An open access publication of the American Academy of Arts & Sciences
Fall 2008

Keeping courts impartial amid changing judicial elections

Bert Brandenburg and Roy A. Schotland

Bert Brandenburg is executive director of the Justice at Stake Campaign, a national partnership of fifty organizations working to keep courts fair and impartial. He was director of public affairs and chief spokesperson for the Department of Justice under Attorney General Janet Reno.

Roy A. Schotland is professor of law at Georgetown University Law Center. He serves as a senior adviser to the National Center for State Courts.

That’s obscene for a judicial race. . . . What does it gain people? How can people have faith in the system?
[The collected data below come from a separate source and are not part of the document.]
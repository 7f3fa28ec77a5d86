-- ===== src/Observability/Examples.antt =====
-- Three events: of the day before, of an hour ago and of now.
use ztrade_ares_7x.Base.{length, In, ℕ, ◌≤◌, ◌≡◌, refl, ◌⊎◌, none, some, [], ◌∷◌}
use ztrade_ares_7x.Db.{Event, Db}
use ztrade_ares_7x.Events.{global_event}
use ztrade_ares_7x.Locks.Examples.{empty}
use ztrade_ares_7x.Observability.{tail_events}
use ztrade_ares_7x.Observability.Tail.{Descending, FromDay, OfSeverity, tail_events-newest}

abbrev event_at : ℕ → Event
event_at now = global_event "run_paused" "info" now

abbrev three_events : Db
three_events = record empty { events = event_at 90000 ∷ (event_at 200000 ∷ (event_at 203600 ∷ [])) }

-- a window of a minute, and yet the event of an hour ago
tail_test :
    tail_events three_events (some 60) (some "info") 10 203600
    ≡ event_at 203600 ∷ (event_at 200000 ∷ [])
unfolding tail_events
tail_test = refl

tail_events-newest_example :
    Descending (λ e. e.created_at) (tail_events three_events (some 60) none 1 203600)
    × (length (tail_events three_events (some 60) none 1 203600) ≤ 1)
    × ((e : Event)
        → In e (tail_events three_events (some 60) none 1 203600)
        → In e three_events.events × FromDay (some 60) 203600 e × OfSeverity none e)
    × ((e : Event)
        → In e three_events.events
        → FromDay (some 60) 203600 e
        → OfSeverity none e
        → In e (tail_events three_events (some 60) none 1 203600)
          ⊎ ((length (tail_events three_events (some 60) none 1 203600) ≡ 1)
              × ((d : Event)
                  → In d (tail_events three_events (some 60) none 1 203600)
                  → e.created_at ≤ d.created_at)))
tail_events-newest_example = tail_events-newest three_events (some 60) none 1 203600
–Justice Lloyd Karmeier, Illinois Supreme Court, Election Night 20041

More than 89 percent of America’s state judges must stand for election to sit on the bench or retain office.2 Judicial contests have traditionally been different from other elections because judges historically haven’t had to raise huge war chests, cater to interest groups, make sound-bite promises, or respond to hardball attacks. Judicial election politics have stayed cooler in part because Americans don’t want courtroom decisions to be influenced by political pressure.

But Justice Karmeier’s race encapsulates a troubling transformation. He issued his warning after winning the most expensive contested judicial election in American history. In a rural district, the two candidates raised more than $9.3 million–more than was raised in eighteen out of thirty-four U.S. Senate races that year. Trial lawyers wrote six-figure checks to the state Democratic Party and teamed up with labor leaders to funnel money into the race through a political action committee. On the other side, the U.S. Chamber of Commerce and the American Tort Reform Association poured in millions more through the state Republicans, the state Chamber, and a friendly political action committee.3 .  .  .
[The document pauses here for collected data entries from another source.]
-- ===== src/Oscillation.antt =====
-- ar724/oscillation.py. A parameter's value is given in its two bucketed texts: by 3 decimals, as
-- `_structural_hash` has it, and by `bucket_decimals`, as `observe` has it. SHA-256 over the
-- sorted parameters is the argument `digest`.
pub mod Window
pub mod Patterns
pub mod Checking
pub mod Examples
use ztrade_ares_7x.Base.{
  leb, ◌==◌, if◌then◌else◌, length, drop, any, count, ℕ, ◌+◌, ◌-◌, String, Bool, true, false, not,
  ◌&&◌, List, [], ◌∷◌, ◌++◌, map, str_eq,
}
use ztrade_ares_7x.Budget.{append_bounded}

pub record Param : Type 0 where
  pub name : String
  pub structural : String
  pub bucketed : String

pub record Detector : Type 0 where
  pub window : ℕ
  pub per_param_threshold : ℕ
  pub joint_max_unique : ℕ
  pub history : List String
  pub param_history : List (String × List String)

-- the defaults of `__init__`
abbrev pub default_detector : Detector
default_detector = record {
  window = 6;
  per_param_threshold = 4;
  joint_max_unique = 2;
  history = [];
  param_history = [];
}

-- `len(set(xs))`
unfoldable pub unique_count : List String → ℕ
unique_count [] = 0
unique_count (x ∷ xs) = (if any (str_eq x) xs then 0 else 1) + unique_count xs

-- `xs.count(xs[-1])`; 0 if there is no last entry
abbrev last_or : String → List String → String
last_or d [] = d
last_or d (x ∷ xs) = last_or x xs

unfoldable pub count_last : List String → ℕ
count_last [] = 0
count_last (x ∷ xs) = count (str_eq (last_or x xs)) (x ∷ xs)

pub data Trigger : Type 0 where
  joint_structural : ℕ → Trigger
  per_param : String → ℕ → Trigger

-- `list(history)[-window:]`
abbrev pub recent : ℕ → List String → List String
recent window xs = drop (length xs - window) xs

unfoldable pub joint_signal : Detector → List String → List Trigger
unfolding unique_count
joint_signal d history =
    if leb d.window (length history)
      && leb (unique_count (recent d.window history)) d.joint_max_unique
    then joint_structural (unique_count (recent d.window history)) ∷ []
    else []

unfoldable pub param_signal : Detector → String → List String → List Trigger
unfolding unique_count count_last
param_signal d name values =
    if leb d.window (length values)
      && (leb (unique_count (recent d.window values)) 2
          && leb d.per_param_threshold (count_last (recent d.window values)))
    then per_param name (count_last (recent d.window values)) ∷ []
    else []

-- a name that is not there yet has an empty deque
unfoldable pub values_of : String → List (String × List String) → List String
values_of name [] = []
values_of name ((n, vs) ∷ rest) = if str_eq n name then vs else values_of name rest

unfoldable pub put_values :
    String → List String → List (String × List String) → List (String × List String)
put_values name values [] = (name, values) ∷ []
put_values name values ((n, vs) ∷ rest) =
    if str_eq n name then (n, values) ∷ rest else (n, vs) ∷ put_values name values rest

abbrev observe_param : Detector → Param → Detector × List Trigger
observe_param d p =
    let values = append_bounded d.window (values_of p.name d.param_history) p.bucketed in
    (
      record d { param_history = put_values p.name values d.param_history },
      param_signal d p.name values,
    )

-- the loop over `candidate_params.items()`
observe_params : Detector → List Param → Detector × List Trigger
observe_params d [] = (d, [])
observe_params d (p ∷ ps) =
    let (d', now) = observe_param d p in
    let (d'', later) = observe_params d' ps in (d'', now ++ later)

module _ (digest : List (String × String) → String) where
  unfoldable pub structural_hash : List Param → String
  structural_hash params = digest (map (λ p. (p.name, p.structural)) params)

  unfoldable pub observe : Detector → List Param → Detector × List Trigger
  unfolding observe_params values_of put_values joint_signal param_signal structural_hash
  observe d params =
      let history = append_bounded d.window d.history (structural_hash params) in
      let (d', triggered) = observe_params (record d { history = history }) params in
      (d', joint_signal d history ++ triggered)

unfoldable pub reset : Detector → Detector
reset d = record d { history = []; param_history = [] }

abbrev is_nil {ℓ} : {A : Type ℓ} → List A → Bool
is_nil [] = true
is_nil (x ∷ xs) = false

unfoldable pub is_empty : Detector → Bool
is_empty d = length d.history == 0 && is_nil d.param_history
  • 1Ryan Keith, “Republican Lloyd Karmeier Wins Supreme Court Seat,” Associated Press, November 3, 2004.
  • 2The ideas in this essay were first presented at the 2007 conference on The Debate over Judicial Elections and State Court Judicial Selection, convened by the Sandra Day O’Connor Project on the State of the Judiciary at Georgetown University Law Center. A modified version of this essay appears in The Georgetown Journal of Legal Ethics 21 (4) (Fall 2008).
  • 3See Jesse Rutledge, Deborah Goldberg, Sarah Samis, Edwin Bender, and Rachel Weiss, The New Politics of Judicial Elections 2004 (Washington, D.C.: Justice at Stake, 2005), 18, 26–27.